[[ Record extracts open ]]
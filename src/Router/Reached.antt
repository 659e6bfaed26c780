-- ===== src/Router/Reached.antt =====
-- The loops of `_matches` in oximqtt/src/router.rs come by every relation of every filter.
use oximqtt.Base.{
  ℕ, ◌≡◌, sym, ap, ◌∙◌, false, none, List, [], ◌∷◌, ok, All, arith, Bool-cases, Option-cases,
  Result-cases, inl, inr,
}
use mathlib.Core.List.{Memᴰ}
use mathlib.Core.List.Memᴰ
use oximqtt.Base.Bytes.{Bytes}
use oximqtt.Base.Maps.{lookup, bytes_key}
use oximqtt.Topic.{to_string}
use oximqtt.Trie.Iter.{Item}
use oximqtt.Subscription.{IdData, SubscriptionOptions, CollectorMap, Call, collect, shared_group}
use oximqtt.Router.{Relations, AllRelationsMap, or_empty}
use oximqtt.Router.Publish.{
  candidate, Candidate, Context, Groups, skips, push_candidate, direct_call, visit_relations,
  select_groups, visit_filters,
}
use oximqtt.Router.Matches.{
  AreGroups, IsCandidate, AreDue, visit_relations-keeps, select_groups-keeps, visit_filters-keeps,
}

abbrev pub Anything : ℕ → Bytes → Bytes → SubscriptionOptions → Type 0
Anything n f c o = Unit

any_candidates : (filter : Bytes) (cs : List Candidate) → All (IsCandidate Anything filter) cs
any_candidates filter [] = tt
any_candidates filter (c ∷ cs) = (tt, any_candidates filter cs)

any_groups : (filter : Bytes) (gs : Groups) → AreGroups Anything filter gs
any_groups filter [] = tt
any_groups filter ((g, cs) ∷ gs) = (any_candidates filter cs, any_groups filter gs)

pub any_due :
    (this_id : IdData) (filter : Bytes) (rels : Relations) → AreDue Anything this_id filter rels
any_due this_id filter rels c i o m b = tt

module _ {S : Type 0} (ctx : Context S) (this_id : IdData) (filter client : Bytes) (id : IdData)
    (opts : SubscriptionOptions) (wanted : skips this_id id opts ≡ false)
    (direct : shared_group opts ≡ none) (K : CollectorMap → Type 0)
    (step : (c : Call) (m : CollectorMap) → K m → K (collect c m))
    (start : (m : CollectorMap) → K (collect (direct_call filter client id opts) m)) where
  visit_relations-reaches :
      (rels : Relations) (gs : Groups) (cm : CollectorMap)
      → Memᴰ (client, (id, opts)) rels
      → K (visit_relations ctx this_id filter rels gs cm).1
  unfolding visit_relations
  visit_relations-reaches [] gs cm m = absurd (Memᴰ.not-nil m)
  visit_relations-reaches ((c, (i, o)) ∷ rels) gs cm (Memᴰ.head p) =
      let pc : c ≡ client = ap (λ (x : Bytes × (IdData × SubscriptionOptions)). x.0) (sym p) in
      let pi : i ≡ id = ap (λ (x : Bytes × (IdData × SubscriptionOptions)). x.1.0) (sym p) in
      let po : o ≡ opts = ap (λ (x : Bytes × (IdData × SubscriptionOptions)). x.1.1) (sym p) in
      rw (pc, pi, po)
        (rw (visit_relations, wanted, direct)
          (visit_relations-keeps Anything K (λ a m u k. step a m k) ctx this_id filter rels gs
            (collect (direct_call filter client id opts) cm) (any_due this_id filter rels)
            (any_groups filter gs) (start cm)).1)
  visit_relations-reaches ((c, (i, o)) ∷ rels) gs cm (Memᴰ.tail m) =
      elim (Bool-cases (skips this_id i o)) [
        | inl b ↦ rw (visit_relations, b) (visit_relations-reaches rels gs cm m)
        | inr b ↦ elim (Option-cases (shared_group o)) [
          | inl e ↦
              rw (visit_relations, b, e)
                (visit_relations-reaches rels gs (collect (direct_call filter c i o) cm) m)
          | inr (group, e) ↦
              rw (visit_relations, b, e)
                (visit_relations-reaches rels (push_candidate group (candidate ctx c i o) gs) cm m)
        ]
      ]

  -- What the call for a direct relation makes true holds in the end, if every call keeps it.
  pub visit_filters-reaches :
      (name : Bytes) (all : AllRelationsMap) (its : List (Item (Unit {0}))) (cm cm' : CollectorMap)
      (s s' : S) (it : Item (Unit {0}))
      → Memᴰ it its
      → to_string it.0 ≡ filter
      → Memᴰ (client, (id, opts)) (or_empty (lookup filter all))
      → visit_filters ctx this_id name all its cm s ≡ ok (cm', s')
      → K cm'
  unfolding visit_filters
  visit_filters-reaches name all [] cm cm' s s' it m q e h = absurd (Memᴰ.not-nil m)
  visit_filters-reaches name all ((levels, vs) ∷ its) cm cm' s s' it m q e h =
      let f = to_string levels in
      let visited = visit_relations ctx this_id f (or_empty (lookup f all)) [] cm in
      elim (Result-cases (select_groups ctx this_id name f visited.0 visited.1 s)) [
        | inr (x, p) ↦ (let h' = rw (visit_filters, p) at h in absurd (ground arith))
        | inl ((cm₁, t), p) ↦
            let r = rw (visit_filters, p) at h in
            elim (Memᴰ.cases_cons m) [
              | inr z ↦ visit_filters-reaches name all its cm₁ cm' t s' it z q e r
              | inl z ↦
                  let w : f ≡ filter = sym (ap (λ (x : Item (Unit {0})). to_string x.0) z) ∙ q in
                  let k₀ = visit_relations-reaches (or_empty (lookup filter all)) [] cm e in
                  let visited' =
                    visit_relations ctx this_id filter (or_empty (lookup filter all)) [] cm in
                  let k₁ =
                    select_groups-keeps Anything K (λ a m u k. step a m k) ctx this_id name filter
                      visited'.0 visited'.1 cm₁ s t (any_groups filter visited'.0) k₀ (rw w at p) in
                  visit_filters-keeps Anything K (λ a m u k. step a m k) ctx this_id name all its
                    cm₁ cm' t s'
                    (λ x y. any_due this_id (to_string x.0) (or_empty (lookup (to_string x.0) all)))
                    k₁ r
            ]
      ]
[[ Record extracts closed ]]
Take the lines above from the one containing "(rels : Relations) (gs" down to the one containing "visit_relations-reaches ((c, (i, o)) ∷ rels) gs cm (Memᴰ.tail", and transcribe them exactly, both ends included.

      (rels : Relations) (gs : Groups) (cm : CollectorMap)
      → Memᴰ (client, (id, opts)) rels
      → K (visit_relations ctx this_id filter rels gs cm).1
  unfolding visit_relations
  visit_relations-reaches [] gs cm m = absurd (Memᴰ.not-nil m)
  visit_relations-reaches ((c, (i, o)) ∷ rels) gs cm (Memᴰ.head p) =
      let pc : c ≡ client = ap (λ (x : Bytes × (IdData × SubscriptionOptions)). x.0) (sym p) in
      let pi : i ≡ id = ap (λ (x : Bytes × (IdData × SubscriptionOptions)). x.1.0) (sym p) in
      let po : o ≡ opts = ap (λ (x : Bytes × (IdData × SubscriptionOptions)). x.1.1) (sym p) in
      rw (pc, pi, po)
        (rw (visit_relations, wanted, direct)
          (visit_relations-keeps Anything K (λ a m u k. step a m k) ctx this_id filter rels gs
            (collect (direct_call filter client id opts) cm) (any_due this_id filter rels)
            (any_groups filter gs) (start cm)).1)
  visit_relations-reaches ((c, (i, o)) ∷ rels) gs cm (Memᴰ.tail m) =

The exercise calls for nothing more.